Day 1,116: Trump’s proposed budget seeks to slash Medicaid, food stamps
White House’s past projections for federal deficit haven’t even been close.
While campaigning, Donald Trump laughably promised that he would eliminate the national debt in eight years. Instead, it continues to balloon, even in an economy that he brags every day is booming.
The White House’s own projections for the deficit have continued to get far worse over the past three years, despite repeated promises to deal with the ever-pressing problem.

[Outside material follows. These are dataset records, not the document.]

-- ===== src/Transaction/Encodes.antt =====
-- A transaction's bytes are the canonical coding of its fields.
use cpp_conflux_sdk.Common.Outcome.{Outcome, ok, bind-ok, ◌>>=◌}
use cpp_conflux_sdk.Common.{[], refl, ℕ, ◌^◌, ◌<◌, ◌≡◌, sym, ap, ◌∙◌, false, some, Bytes, length}
use cpp_conflux_sdk.CommonData.Endian.{from_big_endian, to_compact_big_endian}
use cpp_conflux_sdk.Rlp.Item.{Item, Items, str, lst, nil, cons, count, encode}
use cpp_conflux_sdk.Rlp.Stream.{
  Stream, empty, append, append_int, append_list, write, write_items, rlp,
}
use cpp_conflux_sdk.Rlp.Stream.Refines.{rlp-encode}
use cpp_conflux_sdk.Rlp.Stream.Integers.{append_int-to_compact_big_endian}
use cpp_conflux_sdk.Transaction.{
  Transaction, Signature, Kind, message_call, contract_creation, null_transaction,
  without_signature, with_signature, receiver_bytes, stream_fields, stream_signature, stream_rlp,
}
use cpp_conflux_sdk.Transaction.Signing.{streamed}

-- What stands for the receiver: its address in a message call, and nothing in any other transaction.
abbrev pub receiver : Kind → Bytes → Bytes
receiver message_call address = address
receiver contract_creation address = []
receiver null_transaction address = []

receiver_bytes-receiver : (t : Transaction) → receiver_bytes t ≡ receiver t.kind t.receive_address
unfolding receiver_bytes
receiver_bytes-receiver t = go t.kind
  where
    go :
        (k : Kind)
        → (elim k [ message_call ↦ t.receive_address | _ ↦ [] ]) ≡ receiver k t.receive_address
    go message_call = refl
    go contract_creation = refl
    go null_transaction = refl

-- The fields as items: an integer is the string of its bytes without leading zeros.
abbrev number : ℕ → Item
number i = str (to_compact_big_endian i 0)

unfoldable pub fields : Transaction → Item
fields t = lst (
    cons (number t.nonce) (
      cons (number t.gas_price) (
        cons (number t.gas) (
          cons (str (receiver t.kind t.receive_address)) (
            cons (number t.value) (
              cons (number t.storage_limit) (
                cons (number t.epoch_height)
                  (cons (number t.chain_id) (cons (str t.data_bytes) nil)))))))))

-- With a signature: the fields, then its three numbers.
unfoldable pub signed_fields : Transaction → Signature → Item
signed_fields t sig = lst (
    cons (fields t) (
      cons (number sig.v) (
        cons (number (from_big_endian 256 sig.r)) (cons (number (from_big_endian 256 sig.s)) nil))))

append_int_str : append_int ≡ λ st i. append st (to_compact_big_endian i 0) false
append_int_str = λ t st i. append_int-to_compact_big_endian st i t

-- The last step of a list's items hands on what it comes to.
abbrev plain_step : Bytes → Stream → Outcome Stream
plain_step d st = append st d false

abbrev item_step : Bytes → Stream → Outcome Stream
item_step d st = append st d false >>= λ st'. ok st'

last_step : (d : Bytes) → plain_step d ≡ item_step d
last_step d = λ t st. sym (bind-ok (append st d false)) t

pub stream_fields-write : (t : Transaction) (st : Stream) → stream_fields t st ≡ write (fields t) st
unfolding stream_fields fields write count
stream_fields-write t st =
    rw (append_int_str, receiver_bytes-receiver t)
      (ap
        (λ (last : Stream → Outcome Stream). append_list st 9 >>= λ st.
          append st (to_compact_big_endian t.nonce 0) false >>= λ st.
          append st (to_compact_big_endian t.gas_price 0) false >>= λ st.
          append st (to_compact_big_endian t.gas 0) false >>= λ st.
          append st (receiver t.kind t.receive_address) false >>= λ st.
          append st (to_compact_big_endian t.value 0) false >>= λ st.
          append st (to_compact_big_endian t.storage_limit 0) false >>= λ st.
          append st (to_compact_big_endian t.epoch_height 0) false >>= λ st.
          append st (to_compact_big_endian t.chain_id 0) false >>= λ st. last st)
        (last_step t.data_bytes))

stream_signature-some :
    (t : Transaction) (sig : Signature)
    → t.vrs ≡ some sig
    → (st : Stream)
    → stream_signature t st ≡ (
        append_int st sig.v >>= λ st. append_int st (from_big_endian 256 sig.r) >>= λ st.
        append_int st (from_big_endian 256 sig.s))
unfolding stream_signature
stream_signature-some t sig e st = rw e

signature_items : Signature → Items
signature_items sig =
    cons (number sig.v)
      (cons (number (from_big_endian 256 sig.r)) (cons (number (from_big_endian 256 sig.s)) nil))

stream_signature-write :
    (t : Transaction) (sig : Signature)
    → t.vrs ≡ some sig
    → (st : Stream) → stream_signature t st ≡ write_items (signature_items sig) st
unfolding write signature_items
stream_signature-write t sig e st =
    stream_signature-some t sig e st
    ∙ rw append_int_str (
        ap
          (λ (last : Stream → Outcome Stream).
            append st (to_compact_big_endian sig.v 0) false >>= λ st.
            append st (to_compact_big_endian (from_big_endian 256 sig.r) 0) false >>= λ st. last st)
          (last_step (to_compact_big_endian (from_big_endian 256 sig.s) 0)))

stream_rlp-write :
    (t : Transaction) (sig : Signature) (st : Stream)
    → t.vrs ≡ some sig
    → stream_rlp t with_signature st ≡ write (signed_fields t sig) st
unfolding stream_rlp signed_fields write count signature_items
stream_rlp-write t sig st e =
    let inner : stream_fields t ≡ write (fields t) = λ i s. stream_fields-write t s i in
    let outer : stream_signature t ≡ write_items (signature_items sig) =
      λ i s. stream_signature-write t sig e s i in
    rw (inner, outer)

-- The bytes to be signed are the canonical coding of the nine fields.
pub streamed-fields :
    (t : Transaction)
    → length (encode (fields t)) < 2 ^ 64
    → streamed t without_signature ≡ ok (encode (fields t))
unfolding streamed stream_rlp
streamed-fields t small =
    rw (stream_fields-write t empty) (unfold rlp in rlp-encode (fields t) small)

-- The bytes of a signed transaction are the canonical coding of the list of the nine fields, where the
-- receiver is the address for a message call and no bytes otherwise, and of the signature's three
-- numbers, if that coding has fewer than 2 ^ 64 bytes.
pub streamed-signed_fields :
    (t : Transaction) (sig : Signature)
    → t.vrs ≡ some sig
    → length (encode (signed_fields t sig)) < 2 ^ 64
    → streamed t with_signature ≡ ok (encode (signed_fields t sig))
unfolding streamed
streamed-signed_fields t sig e small =
    rw (stream_rlp-write t sig empty e) (unfold rlp in rlp-encode (signed_fields t sig) small)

Instead, White House officials plan to say their budget proposal would close the deficit by 2035. During President Trump’s first year in office, his advisers said their budget plan would eliminate the deficit by around 2028. This new budget will mark the third consecutive time that they abandon that 10-year goal and instead suggest a 15-year target.
This new trend shows how little progress the White House is making in dealing with ballooning government debt, something GOP party leaders had made a top goal during the Obama administration. Trump’s first budget projected the deficit in 2021 would be $456 billion. Instead, it is projected to be more than double that amount.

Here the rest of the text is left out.